Tepco, qui gère la centrale, a annoncé dimanche 3 avril que les corps de deux ouvriers de 21 et 24 ans qui avaient disparu le 11 mars venaient d’être retrouvés : les travailleurs étaient partis inspecter le bâtiment du réacteur 4 juste après le séisme.
Techniciens, super-pompiers et soldats… Les héros de Fukushima, encensés par la presse mondiale, seraient aujourd’hui près de 500 sur place. Dans la centrale, équipés d’une combinaison, de gants de protection et d’un masque de protection censés éviter la contamination, les ouvriers s’échinent à tenter de rétablir l’électricité, à asperger les réacteurs ou essayer de remettre en marche les équipements détériorés.
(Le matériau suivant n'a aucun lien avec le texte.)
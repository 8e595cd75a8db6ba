-- ===== src/Load.antt =====
-- stress/load: the load generator.
pub mod Stats
pub mod Mix
pub mod Payload
pub mod Driver
pub mod Cli
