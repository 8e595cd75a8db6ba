-- ===== src/Load/Cli.antt =====
-- stress/load/cli.go: the options that the commands under stress/cmd share. The parser of the flags is
-- the `flag` package, so the options are at their defaults here.
use the_500mb_club_challenge.Prelude.{ℕ, some, List, [], ◌∷◌, Bytes, codes}
use the_500mb_club_challenge.Prelude.Int.{pos}
use the_500mb_club_challenge.Load.Mix.{default_mix}
use the_500mb_club_challenge.Load.Driver.{Config, Segment}

pub record CommonOpts : Type 0 where
  pub url : Bytes
  pub devices : ℕ
  pub workers : ℕ
  pub batch : ℕ

-- `os.Getenv` gives no bytes for a variable that is not set.
unfoldable pub env_or : (Bytes → Bytes) → Bytes → Bytes → Bytes
env_or getenv key def = elim (getenv key) [ [] ↦ def | c ∷ v ↦ c ∷ v ]

unfoldable pub register_common : (Bytes → Bytes) → CommonOpts
unfolding env_or
register_common getenv = record {
  url = env_or getenv (codes "BASE_URL") (codes "http://localhost:8080");
  devices = 50;
  workers = 200;
  batch = 50;
}

unfoldable pub config : CommonOpts → List Segment → Config
config o segments = record {
  base_url = o.url;
  mix = some default_mix;
  segments = segments;
  devices = o.devices;
  batch_size = o.batch;
  workers = o.workers;
  warmup = pos 0;
}
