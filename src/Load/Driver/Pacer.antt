-- ===== src/Load/Driver/Pacer.antt =====
-- On stress/load/driver.go: `pace` and the workers of `Run`, as steps of one system.
pub mod Counted
use the_500mb_club_challenge.Prelude.{
  Bool, ℕ, suc, List, [], ◌∷◌, ◌++◌, if◌then◌else◌, ltb, length, Bytes, ◌≡◌, ◌<◌,
}
use the_500mb_club_challenge.Prelude.Int.{ℤ}
use the_500mb_club_challenge.Metrics.{add_counter}
use the_500mb_club_challenge.Load.Stats.{Stats, record_op, new_stats}

-- `jobs` is the channel of `workers` places, `busy` the operations that workers are at, `ticks` how
-- often the ticker fired.
pub record Load : Type 0 where
  pub jobs : List Bytes
  pub busy : List Bytes
  pub stats : Stats
  pub dropped : ℕ
  pub ticks : ℕ

-- What `pace` does at a tick: the operation is sent, or dropped if the channel is full.
unfoldable pub emit : ℕ → Bytes → Load → Load
emit workers op s =
    if ltb (length s.jobs) workers
    then record s { jobs = s.jobs ++ op ∷ []; ticks = suc s.ticks }
    else record s { dropped = add_counter s.dropped 1; ticks = suc s.ticks }

abbrev pub idle_load : Load
idle_load = record { jobs = []; busy = []; stats = new_stats; dropped = 0; ticks = 0 }

-- A tick; a worker that is free receives a job; a worker records what `fire` returned.
pub data Step (workers : ℕ) : Load → Load → Type 0 where
  ticked : {s : Load} → (op : Bytes) → Step workers s (emit workers op s)
  received :
      {s t : Load}
      → (op : Bytes) (rest : List Bytes) → s.jobs ≡ op ∷ rest
      → length s.busy < workers
      → t ≡ record s { jobs = rest; busy = op ∷ s.busy }
      → Step workers s t
  recorded :
      {s t : Load}
      → (op : Bytes) (front back : List Bytes) (d : ℤ) (ok : Bool) → s.busy ≡ front ++ op ∷ back
      → t ≡ record s { busy = front ++ back; stats = record_op op d ok s.stats }
      → Step workers s t

pub data Reach (workers : ℕ) (s : Load) : Load → Type 0 where
  here : Reach workers s s
  next : {t u : Load} → Reach workers s t → Step workers t u → Reach workers s u
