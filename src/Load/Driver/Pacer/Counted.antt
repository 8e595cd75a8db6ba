-- ===== src/Load/Driver/Pacer/Counted.antt =====
-- On stress/load/driver.go: every tick of a run is accounted for.
use the_500mb_club_challenge.Prelude.Int.{ℤ}
use mathlib.Core.Path.{subst}
use the_500mb_club_challenge.Prelude.{
  bytes_eq, inr, ◌∷◌, ◌≤◌, Option-cases, inl, ◌^◌, suc, length-append, some, ◌%◌, ap, Bool, ltb,
  length, [], ◌++◌, Bool-cases, arith, sym, Bytes, ◌+◌, List, ℕ, ◌≡◌, refl,
}
use the_500mb_club_challenge.Load.Stats.{
  no_samples, Stats, OpSamples, record_op, lookup_op, update_op, add_sample,
}
use the_500mb_club_challenge.Load.Driver.Pacer.{
  idle_load, emit, Load, Step, Reach, ticked, received, recorded, here, next,
}

-- How many samples all operations have.
abbrev pub samples : List (Bytes × OpSamples) → ℕ
samples [] = 0
samples ((op, o) ∷ ops) = length o.durs + samples ops

samples-append : (xs ys : List (Bytes × OpSamples)) → samples (xs ++ ys) ≡ samples xs + samples ys
samples-append [] ys = omega arith
samples-append ((op, o) ∷ xs) ys = omega (arith, samples-append xs ys)

samples-update_op :
    (op : Bytes) (d : ℤ) (ok : Bool) (o : OpSamples) (ops : List (Bytes × OpSamples))
    → lookup_op op ops ≡ some o
    → samples (update_op op d ok ops) ≡ suc (samples ops)
unfolding lookup_op update_op add_sample
samples-update_op op d ok o [] h = absurd (cc h)
samples-update_op op d ok o ((k, v) ∷ ops) h = elim (Bool-cases (bytes_eq op k)) [
  | inl e ↦ rw e (omega (arith, length-append v.durs (d ∷ [])))
  | inr e ↦ rw e (omega (arith, samples-update_op op d ok o ops (rw e at h)))
]

samples-record_op :
    (op : Bytes) (d : ℤ) (ok : Bool) (s : Stats)
    → samples (record_op op d ok s).ops ≡ suc (samples s.ops)
unfolding record_op add_sample
samples-record_op op d ok s = elim (Option-cases (lookup_op op s.ops)) [
  | inl e ↦
      rw (record_op, e)
        (omega (arith, samples-append s.ops ((op, add_sample d ok no_samples) ∷ [])))
  | inr (o, e) ↦ rw (record_op, e) (samples-update_op op d ok o s.ops e)
]

-- Every tick is dropped, waits, is worked on, or has a sample.
pub record IsCounted (workers : ℕ) (s : Load) : Type 0 where
  pub all :
      (s.dropped + length s.jobs + length s.busy + samples s.stats.ops) % 2 ^ 64 ≡ s.ticks % 2 ^ 64
  pub waiting : length s.jobs ≤ workers
  pub working : length s.busy ≤ workers

idle-IsCounted : (workers : ℕ) → IsCounted workers idle_load
idle-IsCounted workers = record { all = refl; waiting = omega arith; working = omega arith }

emit-IsCounted :
    (workers : ℕ) (op : Bytes) (s : Load)
    → IsCounted workers s
    → IsCounted workers (emit workers op s)
unfolding emit
emit-IsCounted workers op s h = elim (Bool-cases (ltb (length s.jobs) workers)) [
  | inl e ↦
      rw (emit, e)
        (record {
          all = omega (arith, h.all, length-append s.jobs (op ∷ []));
          waiting = ground (arith, e, length-append s.jobs (op ∷ []));
          working = h.working;
        })
  | inr e ↦
      rw (emit, e) (record { all = omega (arith, h.all); waiting = h.waiting; working = h.working })
]

Step-IsCounted :
    (workers : ℕ) {s t : Load} → Step workers s t → IsCounted workers s → IsCounted workers t
Step-IsCounted workers (ticked {s} op) h = emit-IsCounted workers op s h
Step-IsCounted workers (received {s} {t} op rest e b q) h =
    subst (IsCounted workers) (sym q) (record {
      all = omega (arith, h.all, ap length e);
      waiting = omega (arith, h.waiting, ap length e);
      working = omega (arith, b);
    })
Step-IsCounted workers (recorded {s} {t} op front back d ok e q) h =
    subst (IsCounted workers) (sym q) (record {
      all = omega (
        arith,
        h.all,
        ap length e,
        length-append front (op ∷ back),
        length-append front back,
        samples-record_op op d ok s.stats,
      );
      waiting = h.waiting;
      working = omega (
        arith,
        h.working,
        ap length e,
        length-append front (op ∷ back),
        length-append front back,
      );
    })

Reach-IsCounted :
    (workers : ℕ) {s t : Load} → IsCounted workers s → Reach workers s t → IsCounted workers t
Reach-IsCounted workers h here = h
Reach-IsCounted workers h (next r st) = Step-IsCounted workers st (Reach-IsCounted workers h r)

-- In every interleaving of the ticks of the pacer with workers that receive jobs and record what
-- came of them, each tick is counted as dropped, waits in the channel, is with a worker or has a
-- sample (modulo 2^64); at most so many jobs wait, and so many are with workers, as there are
-- workers; and when none waits or is with a worker, the drops and the samples are the ticks.
pub run-counts :
    (workers : ℕ) {s : Load}
    → Reach workers idle_load s
    → IsCounted workers s
      × (s.jobs ≡ [] → s.busy ≡ [] → (s.dropped + samples s.stats.ops) % 2 ^ 64 ≡ s.ticks % 2 ^ 64)
run-counts workers {s} r =
    let h = Reach-IsCounted workers (idle-IsCounted workers) r in
    (h, λ j b. omega (arith, h.all, ap length j, ap length b))
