-- ===== src/Load/Mix/Bands.antt =====
-- On stress/load/mix.go: the bands of the default mix.
use the_500mb_club_challenge.Prelude.{
  arith, ◌≡◌, refl, none, some, [], ◌∷◌, codes, if◌then◌else◌, Bool-cases,
}
use the_500mb_club_challenge.Golang.Float64.{Float64, float_lt, f_1}
use the_500mb_club_challenge.Golang.Arith.{float_div, float_of_nat}
use the_500mb_club_challenge.Load.Mix.{default_mix, pick, pick_from}

abbrev pub f_0_6 : Float64
f_0_6 = 0x3FE3333333333333

abbrev pub f_0_7 : Float64
f_0_7 = 0x3FE6666666666666

abbrev pub f_0_9 : Float64
f_0_9 = 0x3FECCCCCCCCCCCCD

default_bands :
    default_mix.bands
    ≡ (codes "post", f_0_6)
      ∷ (codes "batch", f_0_7)
      ∷ (codes "range", f_0_9)
      ∷ (codes "anomaly", f_1)
      ∷ []
unfolding default_mix float_div float_of_nat
default_bands = refl

bands_lem :
    (r : Float64)
    → pick_from none
        ((codes "post", f_0_6)
          ∷ (codes "batch", f_0_7)
          ∷ (codes "range", f_0_9)
          ∷ (codes "anomaly", f_1)
          ∷ [])
        r
      ≡ some (
          if float_lt r f_0_6
          then codes "post"
          else if float_lt r f_0_7
          then codes "batch"
          else if float_lt r f_0_9
          then codes "range"
          else codes "anomaly")
unfolding pick_from
bands_lem r = ground (
  arith,
  Bool-cases (float_lt r f_0_6),
  Bool-cases (float_lt r f_0_7),
  Bool-cases (float_lt r f_0_9),
  Bool-cases (float_lt r f_1),
)

-- In the default mix the cumulative bounds round to the doubles nearest 0.6, 0.7, 0.9 and 1: every
-- draw below the first picks post, below the second batch, below the third range, and every other
-- anomaly.
pub pick-default_mix :
    (r : Float64)
    → pick default_mix r
      ≡ some (
          if float_lt r f_0_6
          then codes "post"
          else if float_lt r f_0_7
          then codes "batch"
          else if float_lt r f_0_9
          then codes "range"
          else codes "anomaly")
unfolding pick
pick-default_mix r = rw (pick, default_bands) (bands_lem r)
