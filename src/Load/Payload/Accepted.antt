-- ===== src/Load/Payload/Accepted.antt =====
-- On stress/load/payload.go and internal/model/fastjson.go: a random point, as the API reads it.
use the_500mb_club_challenge.Prelude.{
  ℕ, ◌^◌, ◌≡◌, refl, ap, ◌∙◌, true, false, some, none, List, [], ◌∷◌, ◌++◌, append_assoc, Bytes,
  codes, All, Option,
}
use the_500mb_club_challenge.Prelude.Int.{pos, ◌<ℤ◌}
use the_500mb_club_challenge.Golang.Float64.{Float64}
use the_500mb_club_challenge.Golang.Strconv.{format_int}
use the_500mb_club_challenge.Model.Point.{Point, IsValid, fields, to_point-fields}
use the_500mb_club_challenge.Model.Scan.Object.{
  lat, lon, battery, ax, ay, az, parse_point, no_fields,
}
use the_500mb_club_challenge.Model.Scan.Number.{IsNumber}
use the_500mb_club_challenge.Model.Scan.Spelled.{
  Entry, IsEntry, entries_text, set_entries, object_text, scan_point_json-object_text,
}
use the_500mb_club_challenge.Model.Scan.Numeral.{positive_cases}
use the_500mb_club_challenge.Load.Payload.{Draw, append_field, append_draw}

module _ (format_six : Float64 → Bytes) where
  -- Each value of the draw is printed as a literal that reads as the value of `p`.
  pub record IsRead (d : Draw) (p : Point) : Type 0 where
    pub ts : d.ts ≡ p.ts
    pub lat : IsNumber (format_six d.lat) p.lat
    pub lon : IsNumber (format_six d.lon) p.lon
    pub ax : IsNumber (format_six d.ax) p.ax
    pub ay : IsNumber (format_six d.ay) p.ay
    pub az : IsNumber (format_six d.az) p.az

  -- The battery is there in both or in neither.
  abbrev pub IsBattery : Option Float64 → Point → Type 0
  IsBattery none p = p.has_battery ≡ false
  IsBattery (some v) p = (p.has_battery ≡ true) × IsNumber (format_six v) p.battery

  append_field-text :
      (b name rest : Bytes) (v : Float64)
      → append_field format_six b name v ++ rest
        ≡ b ++ (codes ",\"" ++ (name ++ (codes "\":" ++ (format_six v ++ rest))))
  unfolding append_field
  append_field-text b name rest v =
      rw (append_assoc b (codes ",\"" ++ (name ++ (codes "\":" ++ format_six v))) rest)
        (ap (λ t. b ++ (codes ",\"" ++ t)) (append_assoc name (codes "\":" ++ format_six v) rest))

  battery_entries : Option Float64 → Point → List Entry
  battery_entries none p = []
  battery_entries (some v) p = (battery, (format_six v, p.battery)) ∷ []

  draw_entries : Draw → Point → List Entry
  unfolding battery_entries
  draw_entries d p =
      (lat, (format_six d.lat, p.lat))
      ∷ (lon, (format_six d.lon, p.lon))
      ∷ (ax, (format_six d.ax, p.ax))
      ∷ (ay, (format_six d.ay, p.ay))
      ∷ (az, (format_six d.az, p.az))
      ∷ battery_entries d.battery p

  battery-text :
      (b : Bytes) (o : Option Float64) (p : Point)
      → (elim o as (λ _. Bytes) [
        | none ↦ b
        | some v ↦ append_field format_six b (codes "battery") v
      ])
          ++ b'}' ∷ []
        ≡ b ++ entries_text (battery_entries o p)
  unfolding battery_entries
  battery-text b none p = refl
  battery-text b (some v) p = append_field-text b (codes "battery") (b'}' ∷ []) v

  append_draw-object_text :
      (d : Draw) (p : Point) (n : ℕ)
      → d.ts ≡ pos n
      → append_draw format_six [] d ≡ object_text n (draw_entries d p)
  unfolding append_draw draw_entries
  append_draw-object_text d p n e =
      let ts_dst : Bytes = codes "{\"ts\":" ++ format_int d.ts in
      let lat_dst = append_field format_six ts_dst (codes "lat") d.lat in
      let lon_dst = append_field format_six lat_dst (codes "lon") d.lon in
      let ax_dst = append_field format_six lon_dst (codes "ax") d.ax in
      let ay_dst = append_field format_six ax_dst (codes "ay") d.ay in
      let az_dst = append_field format_six ay_dst (codes "az") d.az in
      let es = battery_entries d.battery p in
      let es_az : List Entry = (az, (format_six d.az, p.az)) ∷ es in
      let es_ay : List Entry = (ay, (format_six d.ay, p.ay)) ∷ es_az in
      let es_ax : List Entry = (ax, (format_six d.ax, p.ax)) ∷ es_ay in
      let es_lon : List Entry = (lon, (format_six d.lon, p.lon)) ∷ es_ax in
      battery-text az_dst d.battery p
      ∙ append_field-text ay_dst (codes "az") (entries_text es) d.az
      ∙ append_field-text ax_dst (codes "ay") (entries_text es_az) d.ay
      ∙ append_field-text lon_dst (codes "ax") (entries_text es_ay) d.ax
      ∙ append_field-text lat_dst (codes "lon") (entries_text es_ax) d.lon
      ∙ append_field-text ts_dst (codes "lat") (entries_text es_lon) d.lat
      ∙ append_assoc (codes "{\"ts\":") (format_int d.ts) (entries_text (draw_entries d p))
      ∙ ap (λ t. codes "{\"ts\":" ++ (format_int t ++ entries_text (draw_entries d p))) e

  battery-IsEntry :
      (o : Option Float64) (p : Point) → IsBattery o p → All IsEntry (battery_entries o p)
  unfolding battery_entries
  battery-IsEntry none p h = tt
  battery-IsEntry (some v) p (b, h) = (h, tt)

  draw_entries-IsEntry :
      (d : Draw) (p : Point) → IsRead d p → IsBattery d.battery p → All IsEntry (draw_entries d p)
  unfolding draw_entries
  draw_entries-IsEntry d p h b =
      (h.lat, (h.lon, (h.ax, (h.ay, (h.az, battery-IsEntry d.battery p b)))))

  set_entries-fields :
      (d : Draw) (p : Point) (n : ℕ)
      → p.ts ≡ pos n
      → (o : Option Float64) → d.battery ≡ o
      → IsBattery o p
      → set_entries (draw_entries d p) (record no_fields { ts = some (pos n) }) ≡ fields p
  unfolding draw_entries fields
  set_entries-fields d p n e none q b = rw (q, b, e) refl
  set_entries-fields d p n e (some v) q (b, h) = rw (q, b, e) refl

  -- The service accepts what the load generator spells: if every float of a draw is printed with
  -- six digits as a number literal that reads as the value in a valid point, and the timestamps
  -- agree, fit an int64, and the battery is there in both or in neither, then ParsePoint reads the
  -- JSON of the draw as that point.
  pub parse_point-append_draw :
      (d : Draw) (p : Point)
      → IsValid p
      → p.ts <ℤ pos (2 ^ 63)
      → IsRead d p
      → IsBattery d.battery p
      → parse_point (append_draw format_six [] d) ≡ some p
  unfolding parse_point
  parse_point-append_draw d p v m h b =
      let (n, e, l, k) = positive_cases p.ts v.ts m in
      ap parse_point (append_draw-object_text d p n (h.ts ∙ e))
      ∙ rw
          (
            scan_point_json-object_text n (draw_entries d p) l k (draw_entries-IsEntry d p h b),
            set_entries-fields d p n e d.battery refl b,
          )
          (to_point-fields p v)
« Le principal risque, c’est le cancer »

Plus la dose de millisieverts (unité qui mesure le risque pour la santé des radiations) augmente, plus le risque augmente, mais le cancer « n’est pas automatique », rappelle Martin Schlumberger, chef de service de médecine nucléaire à l’Institut Gustave-Roussy de Villejuif.
« Si l’irradiation dépasse 1 gray (soit 1 000 millisieverts), on peut alors souffrir d’une irradiation aiguë, qui provoque des vomissements et une intense fatigue », ajoute Patrick Gourmelon. On en meurt en trois semaines à un mois. Le seuil accepté de radioactivité auquel est exposé un travailleur en centrale nucléaire en temps normal est de 20 millisieverts par an. Ce niveau peut aller jusqu’à 300 millisieverts en cas de catastrophe nucléaire.
À la centrale de Fukushima, la limite a déjà été relevée de 100 à 250 millisieverts par an. Les doses de millisieverts s’additionnent. Pour les mesurer, les employés de la centrale portent en théorie un dosimètre opérationnel qui signale quand la dose a été dépassée, ce qui signifie qu’ils doivent cesser de travailler.
Dans une interview donnée au quotidien japonais Mainishi Shinbun, un technicien de la centrale de Fukushima qui a travaillé sur le site juste après la catastrophe disait pourtant ne jamais avoir porté de dosimètre.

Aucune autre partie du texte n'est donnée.